:: YOUR OBJECTIVE ::
In the records below, the line with "transact_unloaded faults mutate d h" opens the range and the line with "(ap (map decode)" closes it; print that range exactly and nothing else.

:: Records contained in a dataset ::

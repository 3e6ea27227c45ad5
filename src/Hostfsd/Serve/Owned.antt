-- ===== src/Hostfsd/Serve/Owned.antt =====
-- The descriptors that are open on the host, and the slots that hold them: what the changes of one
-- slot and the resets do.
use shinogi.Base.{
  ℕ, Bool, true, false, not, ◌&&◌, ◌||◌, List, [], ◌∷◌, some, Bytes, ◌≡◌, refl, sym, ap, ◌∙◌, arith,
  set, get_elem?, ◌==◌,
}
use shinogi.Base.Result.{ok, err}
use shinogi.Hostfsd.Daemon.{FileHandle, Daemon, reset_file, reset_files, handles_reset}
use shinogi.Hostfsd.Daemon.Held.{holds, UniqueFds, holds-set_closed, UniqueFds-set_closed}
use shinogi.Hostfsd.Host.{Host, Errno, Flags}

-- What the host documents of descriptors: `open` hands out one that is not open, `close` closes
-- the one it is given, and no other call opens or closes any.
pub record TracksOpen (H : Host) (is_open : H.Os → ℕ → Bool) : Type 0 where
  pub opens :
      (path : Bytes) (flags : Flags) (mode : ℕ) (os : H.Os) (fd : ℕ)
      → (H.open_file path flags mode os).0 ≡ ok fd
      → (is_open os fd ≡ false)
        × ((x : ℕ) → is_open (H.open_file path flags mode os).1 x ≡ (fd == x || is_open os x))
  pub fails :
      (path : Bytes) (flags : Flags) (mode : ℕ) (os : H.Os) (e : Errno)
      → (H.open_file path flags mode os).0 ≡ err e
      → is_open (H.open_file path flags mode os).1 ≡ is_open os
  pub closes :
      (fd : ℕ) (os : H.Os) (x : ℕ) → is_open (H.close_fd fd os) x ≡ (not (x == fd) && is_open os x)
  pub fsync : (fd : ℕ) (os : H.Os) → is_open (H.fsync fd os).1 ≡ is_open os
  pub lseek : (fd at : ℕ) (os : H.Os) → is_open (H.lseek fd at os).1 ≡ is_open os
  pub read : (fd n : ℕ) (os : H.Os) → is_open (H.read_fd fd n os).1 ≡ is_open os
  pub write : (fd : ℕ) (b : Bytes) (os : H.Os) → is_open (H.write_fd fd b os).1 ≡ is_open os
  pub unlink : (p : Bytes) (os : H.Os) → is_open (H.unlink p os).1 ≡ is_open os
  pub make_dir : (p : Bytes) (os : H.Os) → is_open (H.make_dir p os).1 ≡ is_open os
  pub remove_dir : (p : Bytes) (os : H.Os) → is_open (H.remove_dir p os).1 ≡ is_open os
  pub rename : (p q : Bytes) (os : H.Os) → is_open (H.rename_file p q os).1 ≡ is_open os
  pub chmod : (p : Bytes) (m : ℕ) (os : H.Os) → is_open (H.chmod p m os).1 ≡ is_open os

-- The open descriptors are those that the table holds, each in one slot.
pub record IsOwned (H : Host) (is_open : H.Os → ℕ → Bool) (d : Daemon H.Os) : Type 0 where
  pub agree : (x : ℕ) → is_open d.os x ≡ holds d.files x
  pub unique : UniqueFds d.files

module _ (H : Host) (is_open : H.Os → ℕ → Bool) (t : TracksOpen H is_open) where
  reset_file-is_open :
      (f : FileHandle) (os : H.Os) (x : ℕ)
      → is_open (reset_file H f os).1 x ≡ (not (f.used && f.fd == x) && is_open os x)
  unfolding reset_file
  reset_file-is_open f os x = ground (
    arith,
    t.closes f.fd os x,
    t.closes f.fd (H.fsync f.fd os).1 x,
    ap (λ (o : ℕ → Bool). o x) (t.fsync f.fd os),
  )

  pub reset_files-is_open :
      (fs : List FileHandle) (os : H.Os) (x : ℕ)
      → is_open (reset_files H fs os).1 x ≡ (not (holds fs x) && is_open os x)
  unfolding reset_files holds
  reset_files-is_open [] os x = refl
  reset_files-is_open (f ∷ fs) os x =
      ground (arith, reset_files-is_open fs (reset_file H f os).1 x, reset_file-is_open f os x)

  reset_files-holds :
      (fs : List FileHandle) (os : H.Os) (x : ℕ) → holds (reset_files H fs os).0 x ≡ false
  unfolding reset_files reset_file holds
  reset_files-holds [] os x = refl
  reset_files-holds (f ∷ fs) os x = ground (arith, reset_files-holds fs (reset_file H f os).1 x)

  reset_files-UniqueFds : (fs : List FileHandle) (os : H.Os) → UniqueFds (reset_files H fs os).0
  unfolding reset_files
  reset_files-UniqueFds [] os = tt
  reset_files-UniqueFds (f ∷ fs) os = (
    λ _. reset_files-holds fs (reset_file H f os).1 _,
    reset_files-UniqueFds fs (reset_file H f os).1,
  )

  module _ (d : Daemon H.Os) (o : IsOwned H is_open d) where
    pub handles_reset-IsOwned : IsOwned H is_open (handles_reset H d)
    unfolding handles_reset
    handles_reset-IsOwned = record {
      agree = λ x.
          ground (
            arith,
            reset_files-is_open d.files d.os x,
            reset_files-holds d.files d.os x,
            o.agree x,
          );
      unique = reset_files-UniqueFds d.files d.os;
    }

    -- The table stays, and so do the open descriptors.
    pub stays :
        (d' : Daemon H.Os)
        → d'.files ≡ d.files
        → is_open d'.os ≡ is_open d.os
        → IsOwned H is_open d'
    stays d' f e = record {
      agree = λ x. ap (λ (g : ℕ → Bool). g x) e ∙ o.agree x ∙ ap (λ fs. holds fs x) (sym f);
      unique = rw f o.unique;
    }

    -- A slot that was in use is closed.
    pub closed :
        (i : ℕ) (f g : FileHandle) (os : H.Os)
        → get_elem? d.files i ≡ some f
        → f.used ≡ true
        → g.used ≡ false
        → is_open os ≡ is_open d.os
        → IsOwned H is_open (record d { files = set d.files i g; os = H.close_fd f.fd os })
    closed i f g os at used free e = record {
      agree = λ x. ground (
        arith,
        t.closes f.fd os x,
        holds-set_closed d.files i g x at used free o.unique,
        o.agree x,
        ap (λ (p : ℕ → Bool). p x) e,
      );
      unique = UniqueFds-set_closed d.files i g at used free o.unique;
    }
...
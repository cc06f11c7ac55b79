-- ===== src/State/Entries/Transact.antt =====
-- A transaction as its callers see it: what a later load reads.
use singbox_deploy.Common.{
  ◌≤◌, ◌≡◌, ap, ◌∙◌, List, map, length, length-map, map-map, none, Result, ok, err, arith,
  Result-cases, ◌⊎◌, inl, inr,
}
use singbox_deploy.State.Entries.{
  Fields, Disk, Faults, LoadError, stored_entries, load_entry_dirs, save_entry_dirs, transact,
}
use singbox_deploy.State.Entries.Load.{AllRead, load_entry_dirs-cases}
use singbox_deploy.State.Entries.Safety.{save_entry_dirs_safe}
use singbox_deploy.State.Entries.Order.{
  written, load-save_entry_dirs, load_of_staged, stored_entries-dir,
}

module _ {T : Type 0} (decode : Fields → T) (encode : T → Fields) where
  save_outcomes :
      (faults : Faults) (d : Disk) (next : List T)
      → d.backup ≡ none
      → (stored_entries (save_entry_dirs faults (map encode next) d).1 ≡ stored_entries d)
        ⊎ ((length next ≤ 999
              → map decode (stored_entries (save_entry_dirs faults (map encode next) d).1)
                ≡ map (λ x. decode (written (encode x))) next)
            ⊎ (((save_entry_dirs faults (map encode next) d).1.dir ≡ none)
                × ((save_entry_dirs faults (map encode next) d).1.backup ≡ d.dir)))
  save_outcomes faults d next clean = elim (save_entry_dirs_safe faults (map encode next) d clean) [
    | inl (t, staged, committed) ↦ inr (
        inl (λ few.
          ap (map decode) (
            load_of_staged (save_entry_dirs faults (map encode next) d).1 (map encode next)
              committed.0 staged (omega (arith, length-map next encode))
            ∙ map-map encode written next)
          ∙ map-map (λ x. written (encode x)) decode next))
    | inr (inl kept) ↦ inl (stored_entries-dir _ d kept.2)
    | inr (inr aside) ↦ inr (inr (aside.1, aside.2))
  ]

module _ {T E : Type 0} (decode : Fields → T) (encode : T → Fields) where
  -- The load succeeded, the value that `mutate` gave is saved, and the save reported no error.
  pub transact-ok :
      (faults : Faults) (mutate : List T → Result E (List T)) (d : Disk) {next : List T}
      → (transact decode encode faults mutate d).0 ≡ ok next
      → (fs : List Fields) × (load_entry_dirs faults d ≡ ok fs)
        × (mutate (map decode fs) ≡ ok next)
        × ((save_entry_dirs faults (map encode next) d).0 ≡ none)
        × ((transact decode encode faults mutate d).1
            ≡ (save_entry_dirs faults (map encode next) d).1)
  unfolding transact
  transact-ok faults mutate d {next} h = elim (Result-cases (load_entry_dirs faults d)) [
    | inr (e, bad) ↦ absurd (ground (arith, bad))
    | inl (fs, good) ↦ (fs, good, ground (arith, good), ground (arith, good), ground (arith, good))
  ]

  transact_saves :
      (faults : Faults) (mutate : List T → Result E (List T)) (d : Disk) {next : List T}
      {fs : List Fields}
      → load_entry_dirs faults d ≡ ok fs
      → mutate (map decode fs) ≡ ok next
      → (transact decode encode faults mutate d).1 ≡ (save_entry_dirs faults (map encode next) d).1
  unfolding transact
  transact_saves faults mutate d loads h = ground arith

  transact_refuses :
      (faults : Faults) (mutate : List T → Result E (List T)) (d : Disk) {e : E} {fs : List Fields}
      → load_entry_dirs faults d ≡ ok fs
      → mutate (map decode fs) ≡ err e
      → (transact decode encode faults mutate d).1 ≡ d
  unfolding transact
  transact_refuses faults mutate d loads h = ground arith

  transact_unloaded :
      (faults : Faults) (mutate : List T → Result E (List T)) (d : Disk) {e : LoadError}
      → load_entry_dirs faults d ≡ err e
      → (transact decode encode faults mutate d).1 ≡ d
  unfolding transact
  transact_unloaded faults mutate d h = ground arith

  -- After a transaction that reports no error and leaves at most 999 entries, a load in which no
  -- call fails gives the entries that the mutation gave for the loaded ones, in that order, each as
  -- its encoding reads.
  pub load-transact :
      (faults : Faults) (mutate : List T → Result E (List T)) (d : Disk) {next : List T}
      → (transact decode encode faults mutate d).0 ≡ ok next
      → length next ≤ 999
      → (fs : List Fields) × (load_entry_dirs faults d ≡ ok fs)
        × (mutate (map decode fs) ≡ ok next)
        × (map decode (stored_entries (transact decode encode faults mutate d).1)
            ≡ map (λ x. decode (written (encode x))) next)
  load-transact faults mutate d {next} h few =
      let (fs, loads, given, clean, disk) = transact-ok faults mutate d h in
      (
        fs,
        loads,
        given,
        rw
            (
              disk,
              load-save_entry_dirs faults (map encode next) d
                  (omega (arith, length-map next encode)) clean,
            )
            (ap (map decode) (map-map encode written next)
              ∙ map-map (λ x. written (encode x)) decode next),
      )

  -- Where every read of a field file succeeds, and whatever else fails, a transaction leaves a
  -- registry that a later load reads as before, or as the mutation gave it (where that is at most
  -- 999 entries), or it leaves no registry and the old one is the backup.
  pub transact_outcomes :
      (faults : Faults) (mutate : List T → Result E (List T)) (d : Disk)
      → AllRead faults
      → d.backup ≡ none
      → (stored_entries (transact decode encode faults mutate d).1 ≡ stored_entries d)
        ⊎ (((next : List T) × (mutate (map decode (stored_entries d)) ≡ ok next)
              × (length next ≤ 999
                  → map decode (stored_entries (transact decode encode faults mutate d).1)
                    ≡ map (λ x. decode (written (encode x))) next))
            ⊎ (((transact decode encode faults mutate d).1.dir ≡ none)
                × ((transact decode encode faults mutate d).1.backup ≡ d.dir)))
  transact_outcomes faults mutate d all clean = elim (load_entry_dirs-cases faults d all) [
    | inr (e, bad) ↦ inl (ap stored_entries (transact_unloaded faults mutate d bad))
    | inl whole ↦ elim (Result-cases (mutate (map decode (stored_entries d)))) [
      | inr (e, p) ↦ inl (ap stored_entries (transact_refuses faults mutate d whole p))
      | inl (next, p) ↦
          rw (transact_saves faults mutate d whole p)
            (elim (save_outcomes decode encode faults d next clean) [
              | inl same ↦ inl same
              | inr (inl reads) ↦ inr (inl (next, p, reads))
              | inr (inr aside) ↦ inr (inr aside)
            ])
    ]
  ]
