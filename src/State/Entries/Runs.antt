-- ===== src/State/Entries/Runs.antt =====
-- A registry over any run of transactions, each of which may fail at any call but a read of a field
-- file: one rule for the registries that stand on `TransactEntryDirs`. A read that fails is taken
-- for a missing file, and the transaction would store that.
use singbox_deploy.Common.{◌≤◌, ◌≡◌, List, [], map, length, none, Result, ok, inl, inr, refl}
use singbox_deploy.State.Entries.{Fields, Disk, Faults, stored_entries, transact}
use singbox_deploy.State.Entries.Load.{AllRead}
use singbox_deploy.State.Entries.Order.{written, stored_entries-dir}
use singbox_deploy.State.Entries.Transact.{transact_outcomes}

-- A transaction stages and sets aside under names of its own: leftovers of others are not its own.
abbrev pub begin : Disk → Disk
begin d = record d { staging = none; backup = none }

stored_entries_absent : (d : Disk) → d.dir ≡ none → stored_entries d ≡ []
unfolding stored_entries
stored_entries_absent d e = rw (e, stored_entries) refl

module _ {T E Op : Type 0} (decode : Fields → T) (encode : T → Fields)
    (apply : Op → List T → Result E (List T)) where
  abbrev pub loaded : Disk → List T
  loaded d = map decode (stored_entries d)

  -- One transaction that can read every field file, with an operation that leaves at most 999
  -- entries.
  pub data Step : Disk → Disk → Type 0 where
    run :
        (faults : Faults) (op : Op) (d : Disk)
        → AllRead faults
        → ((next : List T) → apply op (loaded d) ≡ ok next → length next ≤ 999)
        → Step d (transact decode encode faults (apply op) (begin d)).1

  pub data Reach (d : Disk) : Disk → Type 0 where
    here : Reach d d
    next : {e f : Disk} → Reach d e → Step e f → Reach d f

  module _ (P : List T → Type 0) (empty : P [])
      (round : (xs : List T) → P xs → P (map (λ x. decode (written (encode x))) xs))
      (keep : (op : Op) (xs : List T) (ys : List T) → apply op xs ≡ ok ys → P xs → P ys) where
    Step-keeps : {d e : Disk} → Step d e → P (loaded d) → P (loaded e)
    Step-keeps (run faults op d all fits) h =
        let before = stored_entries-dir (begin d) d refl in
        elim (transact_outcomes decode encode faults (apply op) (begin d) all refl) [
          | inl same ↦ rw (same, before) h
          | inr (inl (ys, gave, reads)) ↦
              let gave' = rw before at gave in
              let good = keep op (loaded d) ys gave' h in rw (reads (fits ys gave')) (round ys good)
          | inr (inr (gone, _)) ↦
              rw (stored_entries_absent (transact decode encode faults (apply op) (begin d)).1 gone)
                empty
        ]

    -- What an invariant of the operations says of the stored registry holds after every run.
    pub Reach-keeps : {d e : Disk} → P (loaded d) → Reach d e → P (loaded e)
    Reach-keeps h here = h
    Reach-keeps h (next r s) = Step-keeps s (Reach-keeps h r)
...
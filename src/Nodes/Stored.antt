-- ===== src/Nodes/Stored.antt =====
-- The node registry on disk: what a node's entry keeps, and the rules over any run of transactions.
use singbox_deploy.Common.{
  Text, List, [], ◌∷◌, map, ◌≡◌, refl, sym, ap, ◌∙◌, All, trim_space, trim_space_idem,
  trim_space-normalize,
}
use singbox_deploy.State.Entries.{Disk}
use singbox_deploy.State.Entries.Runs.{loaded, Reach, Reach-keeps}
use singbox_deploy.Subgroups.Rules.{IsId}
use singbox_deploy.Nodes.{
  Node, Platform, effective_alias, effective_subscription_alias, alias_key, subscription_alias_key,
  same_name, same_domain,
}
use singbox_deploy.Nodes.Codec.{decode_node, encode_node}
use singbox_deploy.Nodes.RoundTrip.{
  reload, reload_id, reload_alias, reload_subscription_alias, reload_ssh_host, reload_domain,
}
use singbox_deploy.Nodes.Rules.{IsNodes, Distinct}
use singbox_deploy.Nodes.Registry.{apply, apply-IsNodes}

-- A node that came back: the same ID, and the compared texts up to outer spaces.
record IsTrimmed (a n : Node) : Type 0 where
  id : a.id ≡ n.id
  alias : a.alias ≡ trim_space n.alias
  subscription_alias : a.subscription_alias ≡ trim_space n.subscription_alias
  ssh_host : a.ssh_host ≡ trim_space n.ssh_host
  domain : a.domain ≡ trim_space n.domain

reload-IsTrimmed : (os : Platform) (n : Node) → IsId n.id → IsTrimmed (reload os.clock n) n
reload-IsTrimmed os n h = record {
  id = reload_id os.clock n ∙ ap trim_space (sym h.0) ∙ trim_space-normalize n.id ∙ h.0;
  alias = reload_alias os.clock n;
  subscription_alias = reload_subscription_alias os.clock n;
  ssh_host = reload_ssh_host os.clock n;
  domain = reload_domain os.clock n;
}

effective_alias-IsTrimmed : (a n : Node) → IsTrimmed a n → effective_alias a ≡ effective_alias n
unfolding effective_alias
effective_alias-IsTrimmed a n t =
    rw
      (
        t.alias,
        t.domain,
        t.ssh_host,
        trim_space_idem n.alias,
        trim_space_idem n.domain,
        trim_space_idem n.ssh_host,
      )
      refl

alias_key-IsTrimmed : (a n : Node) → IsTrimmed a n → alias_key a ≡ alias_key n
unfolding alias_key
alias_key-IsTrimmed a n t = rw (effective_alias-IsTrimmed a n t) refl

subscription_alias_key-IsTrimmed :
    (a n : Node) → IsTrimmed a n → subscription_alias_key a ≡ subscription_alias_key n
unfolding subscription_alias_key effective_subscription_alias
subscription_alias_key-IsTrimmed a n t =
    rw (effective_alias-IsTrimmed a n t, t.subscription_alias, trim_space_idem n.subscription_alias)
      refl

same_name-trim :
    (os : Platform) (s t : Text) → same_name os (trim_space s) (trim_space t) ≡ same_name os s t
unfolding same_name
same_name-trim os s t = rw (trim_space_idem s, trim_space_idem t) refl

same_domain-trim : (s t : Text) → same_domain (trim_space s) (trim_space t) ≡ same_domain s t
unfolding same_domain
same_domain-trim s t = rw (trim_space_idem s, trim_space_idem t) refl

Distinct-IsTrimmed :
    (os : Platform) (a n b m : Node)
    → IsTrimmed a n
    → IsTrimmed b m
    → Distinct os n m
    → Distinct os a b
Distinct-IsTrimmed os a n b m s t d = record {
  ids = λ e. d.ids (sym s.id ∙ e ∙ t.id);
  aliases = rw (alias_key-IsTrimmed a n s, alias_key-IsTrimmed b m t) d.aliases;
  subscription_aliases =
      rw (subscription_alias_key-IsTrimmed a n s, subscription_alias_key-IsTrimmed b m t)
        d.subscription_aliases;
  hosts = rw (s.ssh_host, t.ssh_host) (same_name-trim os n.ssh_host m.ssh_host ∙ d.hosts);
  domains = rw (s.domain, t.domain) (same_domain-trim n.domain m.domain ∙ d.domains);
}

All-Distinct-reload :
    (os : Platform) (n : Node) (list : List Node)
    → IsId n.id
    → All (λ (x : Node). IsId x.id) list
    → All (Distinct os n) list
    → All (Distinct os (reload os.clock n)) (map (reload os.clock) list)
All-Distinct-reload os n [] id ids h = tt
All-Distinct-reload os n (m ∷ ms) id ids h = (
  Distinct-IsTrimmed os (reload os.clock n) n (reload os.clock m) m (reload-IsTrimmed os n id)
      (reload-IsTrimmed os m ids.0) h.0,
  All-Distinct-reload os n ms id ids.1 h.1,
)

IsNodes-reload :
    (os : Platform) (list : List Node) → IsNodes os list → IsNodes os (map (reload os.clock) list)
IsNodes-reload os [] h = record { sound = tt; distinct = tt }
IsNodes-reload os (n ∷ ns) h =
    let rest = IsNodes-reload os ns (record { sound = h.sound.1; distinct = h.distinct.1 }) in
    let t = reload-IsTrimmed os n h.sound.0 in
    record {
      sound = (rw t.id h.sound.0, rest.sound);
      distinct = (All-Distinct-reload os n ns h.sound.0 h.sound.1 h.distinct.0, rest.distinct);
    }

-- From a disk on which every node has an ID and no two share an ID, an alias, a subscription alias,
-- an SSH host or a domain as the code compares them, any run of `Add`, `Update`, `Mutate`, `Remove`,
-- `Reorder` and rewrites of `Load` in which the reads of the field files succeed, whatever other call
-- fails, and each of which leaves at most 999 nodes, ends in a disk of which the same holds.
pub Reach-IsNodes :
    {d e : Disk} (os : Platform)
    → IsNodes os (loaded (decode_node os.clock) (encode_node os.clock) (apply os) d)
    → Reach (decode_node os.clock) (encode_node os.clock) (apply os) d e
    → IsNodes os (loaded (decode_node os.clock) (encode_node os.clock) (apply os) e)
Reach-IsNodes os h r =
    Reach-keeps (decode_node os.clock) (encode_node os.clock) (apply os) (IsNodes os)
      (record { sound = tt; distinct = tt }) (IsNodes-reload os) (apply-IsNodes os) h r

:: OUTPUT ::
  transact_unloaded faults mutate d h = ground arith

  -- After a transaction that reports no error and leaves at most 999 entries, a load in which no
  -- call fails gives the entries that the mutation gave for the loaded ones, in that order, each as
  -- its encoding reads.
  pub load-transact :
      (faults : Faults) (mutate : List T → Result E (List T)) (d : Disk) {next : List T}
      → (transact decode encode faults mutate d).0 ≡ ok next
      → length next ≤ 999
      → (fs : List Fields) × (load_entry_dirs faults d ≡ ok fs)
        × (mutate (map decode fs) ≡ ok next)
        × (map decode (stored_entries (transact decode encode faults mutate d).1)
            ≡ map (λ x. decode (written (encode x))) next)
  load-transact faults mutate d {next} h few =
      let (fs, loads, given, clean, disk) = transact-ok faults mutate d h in
      (
        fs,
        loads,
        given,
        rw
            (
              disk,
              load-save_entry_dirs faults (map encode next) d
                  (omega (arith, length-map next encode)) clean,
            )
            (ap (map decode) (map-map encode written next)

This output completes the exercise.